The objective of this challenge was to build an open Machine Learning model predicting the Take Off Weight (TOW) of an aircraft from its flight and trajectory information, more info at PRC Challenge. Please bear in mind that all this repository (documentation included) was done during a competition and hence was done in a limited time.
Our predictions are obtained by averaging the results of several gradient-boosted tree models, trained with different random seeds on the same data with the same hyperparameters.
In order to predict the take-off weight, our model takes as input a number of basic variables such as the departure and arrival airports, the airline, aircraft type, wake turbulence category, day of week, the flight duration, taxi-out time, flown distance, etc, and additionnal variables extracted from the ADS-B trajectories, and also weather data obtained from METAR. Prior to this feature extraction, the trajectories are filtered (see technical details below) and smoothed using cubic splines.
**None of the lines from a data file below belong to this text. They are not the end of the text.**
-- ===== src/Bootstrap/Calls.antt =====
-- The statements of the bootstrap controller, as changes of the store.
use crane_oss.Base.{ℕ, Bool, ◌≡◌, ok}
use crane_oss.Api.{Operation}
use crane_oss.Bootstrap.Store.{
  ZoneBootstrapPhase, BootstrapDb, BootstrapStepResult, bootstrap_phase, release_bootstrap_lease,
}
use crane_oss.Bootstrap.Records.{
  Addresses, set_cluster_discovery, record_bootstrap_host, set_dominator_route,
}

pub data BootstrapCall (b c : BootstrapDb) : Type 0 where
  moves_phase :
      (op : Operation) (next : ZoneBootstrapPhase) (validated : Bool) (now : ℕ)
      → bootstrap_phase op next validated now b ≡ ok c
      → BootstrapCall b c
  gives_back :
      (op : Operation) (now : ℕ) → release_bootstrap_lease op now b ≡ ok c → BootstrapCall b c
  discovers :
      (x : Addresses) (op : Operation) (r : BootstrapStepResult) (now : ℕ)
      → set_cluster_discovery x op r now b ≡ ok c
      → BootstrapCall b c
  records_host :
      (x : Addresses) (op : Operation) (r : BootstrapStepResult) (now : ℕ)
      → record_bootstrap_host x op r now b ≡ ok c
      → BootstrapCall b c
  sets_route :
      (x : Addresses) (op : Operation) (r : BootstrapStepResult) (now : ℕ)
      → set_dominator_route x op r now b ≡ ok c
      → BootstrapCall b c
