-- ===== src/Capacity/Steps.antt =====
-- The store as a transition system: a committed call of SetTarget, CreateAutoscalerRemovals, a
-- provisioning worker, the bootstrap controller, UpdateNodeGroupScheduling or UpdateClusterZone, at any
-- time, is a step from one database to the next. Calls interleave as they come; a call that fails is no
-- step. CreateRemoval, CreateBootstrap, the insertion of topology, Observe, the host catalog's writes
-- and edits by hand are no steps.
use crane_oss.Base.{ℕ, String, ℤ, Bool, List, ◌≡◌, ok}
use crane_oss.Api.{
  SchedulingTemplate, HostState, Operation, CapacityRequest, CapacityResult, NodeRemovalRequest,
  ExpectedHostState,
}
use crane_oss.Capacity.Db.{Db}
use crane_oss.Capacity.Policy.{Env}
use crane_oss.Capacity.Admission.{set_target}
use crane_oss.Capacity.Removals.{create_autoscaler_removals}
use crane_oss.Capacity.Leases.{
  Claim, claim, renew, begin_launch, record_provision_failure, release_provision_lease,
}
use crane_oss.Capacity.Launch.{Net, record_launch}
use crane_oss.Capacity.Provision.{
  set_provision_desired_version, set_provision_state, complete_provision,
}
use crane_oss.Capacity.Binding.{
  Codec, ProvisionBinding, bind_provision_node, pin_provision_expected_state,
}
use crane_oss.Capacity.Handoff.{Release, prepare_provision_release, finalize_provision}
use crane_oss.Capacity.Catalog.{Documents, update_node_group_scheduling, update_cluster_zone}
use crane_oss.Bootstrap.Store.{BootstrapDb}
use crane_oss.Bootstrap.Calls.{BootstrapCall}

pub data Step : Db → Db → Type 0 where
  sets_target :
      {db db' : Db} (env : Env) (req : CapacityRequest) (r : CapacityResult)
      → set_target env req db ≡ ok (r, db')
      → Step db db'
  removes_nodes :
      {db db' : Db} (env : Env) (cluster_id : String) (req : NodeRemovalRequest)
      → create_autoscaler_removals env cluster_id req db ≡ ok db'
      → Step db db'
  claims :
      {db db' : Db} (env : Env) (c : Claim) (locked : String → Bool) (op : Operation)
      → claim env c locked db ≡ ok (op, db')
      → Step db db'
  renews :
      {db db' : Db} (op : Operation) (duration : ℤ) (now : ℕ)
      → renew op duration now db ≡ ok db'
      → Step db db'
  begins_launch :
      {db db' : Db} (op : Operation) (now : ℕ) → begin_launch op now db ≡ ok db' → Step db db'
  records_launch :
      {db db' : Db} (net : Net) (op : Operation) (provider_id private_ip : String)
      (nodes : List String) (now : ℕ)
      → record_launch net op provider_id private_ip nodes now db ≡ ok db'
      → Step db db'
  records_failure :
      {db db' : Db} (op : Operation) (category : String) (byte_length : String → ℕ) (now : ℕ)
      → record_provision_failure op category byte_length now db ≡ ok db'
      → Step db db'
  releases_lease :
      {db db' : Db} (op : Operation) (now : ℕ)
      → release_provision_lease op now db ≡ ok db'
      → Step db db'
  sets_version :
      {db db' : Db} (op : Operation) (version : String) (byte_length : String → ℕ) (now : ℕ)
      → set_provision_desired_version op version byte_length now db ≡ ok db'
      → Step db db'
  sets_state :
      {db db' : Db} (op : Operation) (expected next : HostState) (now : ℕ)
      → set_provision_state op expected next now db ≡ ok db'
      → Step db db'
  binds :
      {db db' : Db} (c : Codec) (op : Operation) (b : ProvisionBinding) (now : ℕ)
      → bind_provision_node c op b now db ≡ ok db'
      → Step db db'
  pins :
      {db db' : Db} (c : Codec) (op : Operation) (s pinned : ExpectedHostState) (now : ℕ)
      → pin_provision_expected_state c op s now db ≡ ok (pinned, db')
      → Step db db'
  prepares :
      {db db' : Db} (op : Operation) (version : String) (now : ℕ)
      → prepare_provision_release op version now db ≡ ok db'
      → Step db db'
  finalizes :
      {db db' : Db} (release : Release) (op : Operation) (version : String) (now : ℕ)
      → finalize_provision release op version now db ≡ ok db'
      → Step db db'
  relabels :
      {db db' : Db} (x : Documents) (id expected revision : String) (t : SchedulingTemplate)
      (launch : String)
      → update_node_group_scheduling x id expected revision t launch db ≡ ok db'
      → Step db db'
  admits_cluster :
      {db db' : Db} (cluster_id zone_id lifecycle access : String)
      → update_cluster_zone cluster_id zone_id lifecycle access db ≡ ok db'
      → Step db db'
  bootstraps :
      {db db' : Db} (b c : BootstrapDb) → b.db ≡ db → c.db ≡ db' → BootstrapCall b c → Step db db'
  completes :
      {db db' : Db} (op : Operation) (now : ℕ) → complete_provision op now db ≡ ok db' → Step db db'

pub data Reach (db : Db) : Db → Type 0 where
  here : Reach db db
  onward : {db' db'' : Db} → Reach db db' → Step db' db'' → Reach db db''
The features extracted from ADS-B trajectories include:
- several statistics on the rate of climb or descent (ROCD), the energy rate and an estimated "equivalent mass" obtained using an OpenAP, an open point-mass aircraft performance model, for a number of altitude "slices" of each trajectory,
- the median Mach number, median altitude and altitude difference between the first and last point, for 20 temporal "slices" of the trajectory, capturing cruise informations,
- the average wind along the trajectory.
The features derived from METAR include the presence of thunderstorms or fog at the arrival airport or in an area around this airport, around the time of arrival.
The target variable TOW and some explanatory variables were rescaled so as to ease training. More details on the additionnal features and training process are given in the "Technical Aspects" section below.
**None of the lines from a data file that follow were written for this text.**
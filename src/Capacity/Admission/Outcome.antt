-- ===== src/Capacity/Admission/Outcome.antt =====
-- What a SetTarget that succeeded has passed: the guards of the source in their order, and the
-- intermediate databases of its writes.
use crane_oss.Base.{
  ◌+◌, pos_part, ◌≡◌, ap, ◌∙◌, ◌⊎◌, inl, inr, true, false, ◌==◌, none, some, Option-cases, Result,
  ok, refuse_if, if◌then◌else◌, >>=-eq-ok,
}
use crane_oss.Api.{CapacityRequest, CapacityResult}
use crane_oss.Capacity.Db.{Error, invalid, forbidden, Db, RequestRow}
use crane_oss.Capacity.Policy.{Env, Policy, load_policy}
use crane_oss.Capacity.Admission.{
  is_malformed, find_request, replay, admissible, with_pool_limit, check_change, write_target,
  insert_request, apply_change, admit, set_target,
}

-- The successful call was a replay, or it was admitted under the group's policy.
pub data Outcome (env : Env) (req : CapacityRequest) (db : Db) (r : CapacityResult) (db' : Db)
    : Type 0 where
  replayed :
      (p : Policy) (row : RequestRow)
      → load_policy req.node_group_id db ≡ ok p
      → find_request req.node_group_id req.request_id db ≡ some row
      → replay req row db ≡ ok (r, db')
      → Outcome env req db r db'
  fresh :
      (p : Policy)
      → load_policy req.node_group_id db ≡ ok p
      → find_request req.node_group_id req.request_id db ≡ none
      → admit env req p db ≡ ok (r, db')
      → Outcome env req db r db'

pub set_target-Outcome :
    (env : Env) (req : CapacityRequest) (db : Db) (r : CapacityResult) (db' : Db)
    → set_target env req db ≡ ok (r, db')
    → Outcome env req db r db'
unfolding set_target
set_target-Outcome env req db r db' h =
    let (_, _, h1) = >>=-eq-ok (refuse_if (is_malformed req) invalid) _ h in
    let (p, policy, h2) = >>=-eq-ok (load_policy req.node_group_id db) _ h1 in
    let (_, _, h3) =
      >>=-eq-ok (refuse_if (if p.group.cluster_id == req.cluster_id then false else true) forbidden)
        _ h2 in
    split p policy h3 (Option-cases (find_request req.node_group_id req.request_id db))
  where
    split :
        (p : Policy)
        → load_policy req.node_group_id db ≡ ok p
        → (elim (find_request req.node_group_id req.request_id db)
            as (λ _. Result Error (CapacityResult × Db)) [
              | some previous ↦ replay req previous db
              | none ↦ admit env req p db
            ])
          ≡ ok (r, db')
        → (find_request req.node_group_id req.request_id db ≡ none)
          ⊎ ((row : RequestRow) × (find_request req.node_group_id req.request_id db ≡ some row))
        → Outcome env req db r db'
    split p policy h (inl missing) = fresh p policy missing (rw missing at h)
    split p policy h (inr (row, found)) = replayed p row policy found (rw found at h)

-- The writes of an admission, one after another; `priced` is the policy with the pool's limits as
-- they were read again.
pub record Admitted (env : Env) (req : CapacityRequest) (p : Policy) (db : Db) (r : CapacityResult)
    (db' : Db) : Type 0 where
  pub guards : admissible req p ≡ ok tt
  pub priced : Policy
  pub limits : with_pool_limit p db ≡ ok priced
  pub change : check_change priced (pos_part req.desired_target) db ≡ ok tt
  pub recorded : Db
  pub inserted :
      insert_request
        (record { id = env.uuid 0; request = req; result_revision = p.group.target_revision + 1 })
        db
      ≡ ok recorded
  pub applied :
      apply_change env priced (pos_part req.desired_target) (p.group.target_revision + 1) (
        write_target req.node_group_id
          (pos_part req.desired_target)
          (p.group.target_revision + 1)
          recorded)
      ≡ ok db'
  pub result : r ≡ record {
    request_id = req.request_id;
    node_group_id = req.node_group_id;
    target_nodes = pos_part req.desired_target;
    target_revision = p.group.target_revision + 1;
  }

pub admit-Admitted :
    (env : Env) (req : CapacityRequest) (p : Policy) (db : Db) (r : CapacityResult) (db' : Db)
    → admit env req p db ≡ ok (r, db')
    → Admitted env req p db r db'
unfolding admit
admit-Admitted env req p db r db' h =
    let desired = pos_part req.desired_target in
    let revision = p.group.target_revision + 1 in
    let (_, g, h1) = >>=-eq-ok (admissible req p) _ h in
    let (p', pl, h2) = >>=-eq-ok (with_pool_limit p db) _ h1 in
    let (_, c, h3) = >>=-eq-ok (check_change p' desired db) _ h2 in
    let (mid, i, h4) =
      >>=-eq-ok
        (insert_request (record { id = env.uuid 0; request = req; result_revision = revision }) db)
        _ h3 in
    let (last, a, h5) =
      >>=-eq-ok
        (apply_change env p' desired revision (write_target req.node_group_id desired revision mid))
        _ h4 in
    record {
      guards = g;
      priced = p';
      limits = pl;
      change = c;
      recorded = mid;
      inserted = i;
      applied = a ∙ ap ok (second h5);
      result = first h5;
    }
  where
    first :
        {a b : CapacityResult} {c d : Db}
        → ◌≡◌ {A = Result Error (CapacityResult × Db)} (ok (a, c)) (ok (b, d))
        → b ≡ a
    first e = cc

    second :
        {a b : CapacityResult} {c d : Db}
        → ◌≡◌ {A = Result Error (CapacityResult × Db)} (ok (a, c)) (ok (b, d))
        → c ≡ d
    second e = cc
On a ThreadRipper 1920X, one model takes ~65 minutes to train. Each model is a LightGBM model with 50,000 trees. As the training process involves randomness, averaging different models (hence different draws of the model) improves the results1. In the final part of the challenge, we just trained models in the limited time we had left, and averaged them.
number of model(s) averaged | RMSE on the final_submission_set [kg] | seed(s) | submission version |
---|---|---|---|
1 | 1,612.41 | 0 | 20 |
10 | 1,564.09 | 0 to 9 | 21 |
20 | 1,561.63 | 0 to 19 | 25 |
We could not reproduce the exact same result in the table above for at least two reasons:
- The METARs files from mesonet https://mesonet.agron.iastate.edu/ASOS/ got updated, in a two weeks timespan, we experienced that one station's location was updated.
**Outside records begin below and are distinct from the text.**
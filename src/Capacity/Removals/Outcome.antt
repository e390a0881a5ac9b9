-- ===== src/Capacity/Removals/Outcome.antt =====
-- What a CreateAutoscalerRemovals that succeeded has passed.
use crane_oss.Base.{
  ◌+◌, ◌≤◌, String, pos_part, is_negative, ◌≡◌, inl, inr, ◌⊎◌, true, false, ◌==◌, ◌||◌, eqb, none,
  some, List, [], arith, Option-cases, Result, ok, err, refuse_if, if◌then◌else◌, >>=-eq-ok,
  refuse_if-eq-ok, length,
}
use crane_oss.Api.{NodeRemovalRequest, RemovalNode}
use crane_oss.Capacity.Db.{
  Error, invalid, conflict, forbidden, replay_mismatch, limit, Db, OperationRow,
}
use crane_oss.Capacity.Policy.{Env, Policy, max_int64, load_policy}
use crane_oss.Capacity.Removals.{
  bad_nodes, find_removal, replays, removal_of, check_nodes, remove_node_intents, lower_target,
  below_minimum, admit_removals, create_autoscaler_removals,
}

pub record Removed (env : Env) (req : NodeRemovalRequest) (p : Policy) (db db' : Db) : Type 0 where
  pub current : p.group.target_revision ≡ pos_part req.expected_target_revision
  pub room : p.group.min_nodes + length req.nodes ≤ p.group.target_nodes
  pub nodes : List (RemovalNode × String)
  pub checked : check_nodes req db req.nodes ≡ ok nodes
  pub applied :
      remove_node_intents env req p.group.zone_id
        (p.group.target_revision + 1)
        0
        nodes
        (lower_target req.node_group_id (length req.nodes) (p.group.target_revision + 1) db)
      ≡ ok db'

pub admit_removals-Removed :
    (env : Env) (req : NodeRemovalRequest) (p : Policy) (db db' : Db)
    → admit_removals env req p db ≡ ok db'
    → Removed env req p db db'
unfolding admit_removals
admit_removals-Removed env req p db db' h =
    let stale =
      if eqb p.group.target_revision (pos_part req.expected_target_revision) then false else true in
    let small = below_minimum p.group (length req.nodes) || eqb p.group.target_revision max_int64 in
    let (_, c, h1) = >>=-eq-ok (refuse_if stale conflict) _ h in
    let (_, l, h2) = >>=-eq-ok (refuse_if small limit) _ h1 in
    let (nodes, checked, h3) = >>=-eq-ok (check_nodes req db req.nodes) _ h2 in
    record {
      current = ground (arith, refuse_if-eq-ok stale conflict c);
      room = ground (arith, refuse_if-eq-ok small limit l);
      nodes = nodes;
      checked = checked;
      applied = h3;
    }

-- The successful call found its own earlier request, or it was admitted.
pub data RemovalOutcome (env : Env) (cluster_id : String) (req : NodeRemovalRequest) (db db' : Db)
    : Type 0 where
  replayed :
      (o : OperationRow)
      → find_removal req db ≡ some o
      → replays req (removal_of o) ≡ true
      → db' ≡ db
      → RemovalOutcome env cluster_id req db db'
  fresh :
      (p : Policy)
      → bad_nodes [] req.nodes ≡ false
      → load_policy req.node_group_id db ≡ ok p
      → find_removal req db ≡ none
      → Removed env req p db db'
      → RemovalOutcome env cluster_id req db db'

pub create_autoscaler_removals-RemovalOutcome :
    (env : Env) (cluster_id : String) (req : NodeRemovalRequest) (db db' : Db)
    → create_autoscaler_removals env cluster_id req db ≡ ok db'
    → RemovalOutcome env cluster_id req db db'
unfolding create_autoscaler_removals
create_autoscaler_removals-RemovalOutcome env cluster_id req db db' h =
    let malformed =
      cluster_id == ""
      || req.node_group_id == ""
      || req.request_id == ""
      || is_negative req.expected_target_revision
      || eqb (length req.nodes) 0 in
    let (_, _, h1) = >>=-eq-ok (refuse_if malformed invalid) _ h in
    let (_, distinct, h2) = >>=-eq-ok (refuse_if (bad_nodes [] req.nodes) invalid) _ h1 in
    let (p, policy, h3) = >>=-eq-ok (load_policy req.node_group_id db) _ h2 in
    let (_, _, h4) =
      >>=-eq-ok (refuse_if (if p.group.cluster_id == cluster_id then false else true) forbidden) _
        h3 in
    split p (refuse_if-eq-ok _ invalid distinct) policy h4 (Option-cases (find_removal req db))
  where
    split :
        (p : Policy)
        → bad_nodes [] req.nodes ≡ false
        → load_policy req.node_group_id db ≡ ok p
        → (elim (find_removal req db) as (λ _. Result Error Db) [
          | some o ↦ if replays req (removal_of o) then ok db else err replay_mismatch
          | none ↦ admit_removals env req p db
        ])
          ≡ ok db'
        → (find_removal req db ≡ none) ⊎ ((o : OperationRow) × (find_removal req db ≡ some o))
        → RemovalOutcome env cluster_id req db db'
    split p distinct policy h (inl missing) =
        fresh p distinct policy missing (admit_removals-Removed env req p db db' (rw missing at h))
    split p distinct policy h (inr (o, found)) =
        replayed o found (ground (arith, rw found at h)) (ground (arith, rw found at h))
- The results above were obtained with
deterministic=False
(default value for this parameter) which does not guarantee that one obtain the same result when re-running the exact same code on the same data.
The first issue was solved by archiving the METARs. The second issue
is "kind of" solved as setting deterministic=True
guarantee same
results when re-running but only on the same "system", see
https://lightgbm.readthedocs.io/en/latest/Parameters.html#deterministic
On my system I got this table below with the code on this
repository.
number of model(s) averaged | RMSE on the final_submission_set [kg] | seed(s) | submission version |
---|---|---|---|
1 | 1,611.72 | 0 | 26 |
10 | 1,564.17 | 0 to 9 | 27 |
20 | 1,561.48 | 0 to 19 | 28 |
First setup your environment using the environment.yml
file and edit the variable FOLDER_DATA
in the CONFIG
file, then just run the command below. Please be aware that it might take some time. To reduce this time depending on your computer you might want to use the option -j
of make
. For instance, make -j4 cleantrajectories
, will launch 4 processes in parallel. In this whole project, each process takes no more than approximately 20GB of RAM. The only process that takes more is the training but this training phase does not use the -j
of the make
to run in parallel.
make download && make cleantrajectories && make features && make submissions
In this Section you will find technical aspects and motivations for the code in this repository.
Informations about the aircraft weight are somehow "hidden" in the kinematics of the aircraft. In order to have a good fine-grain vision of these kinematics, we need to filter and smooth the raw trajectories first.
First, we try to remove measurements that are repeated from one time step to the next when no updated measurements are available. As we don't know which ones are repeated, we compute a proxy criteria by considering which variables are said to be updated together in ADS-B. If these variables have the same values from one measurement to the next, they are most likely repeated information. To remove erroneous measurements, we coded our own version of the FilterDerivative
found in the Traffic library. We took care of not interpolating data at all. In fact we even discarded "isolated" points, points which are spaced more than 20 seconds from any other point.
Smoothing is done using cubic smoothing splines of the csaps library. We avoid interpolating where there are not enough points. More specifically, we will not interpolate between two points spaced by more than 20 seconds.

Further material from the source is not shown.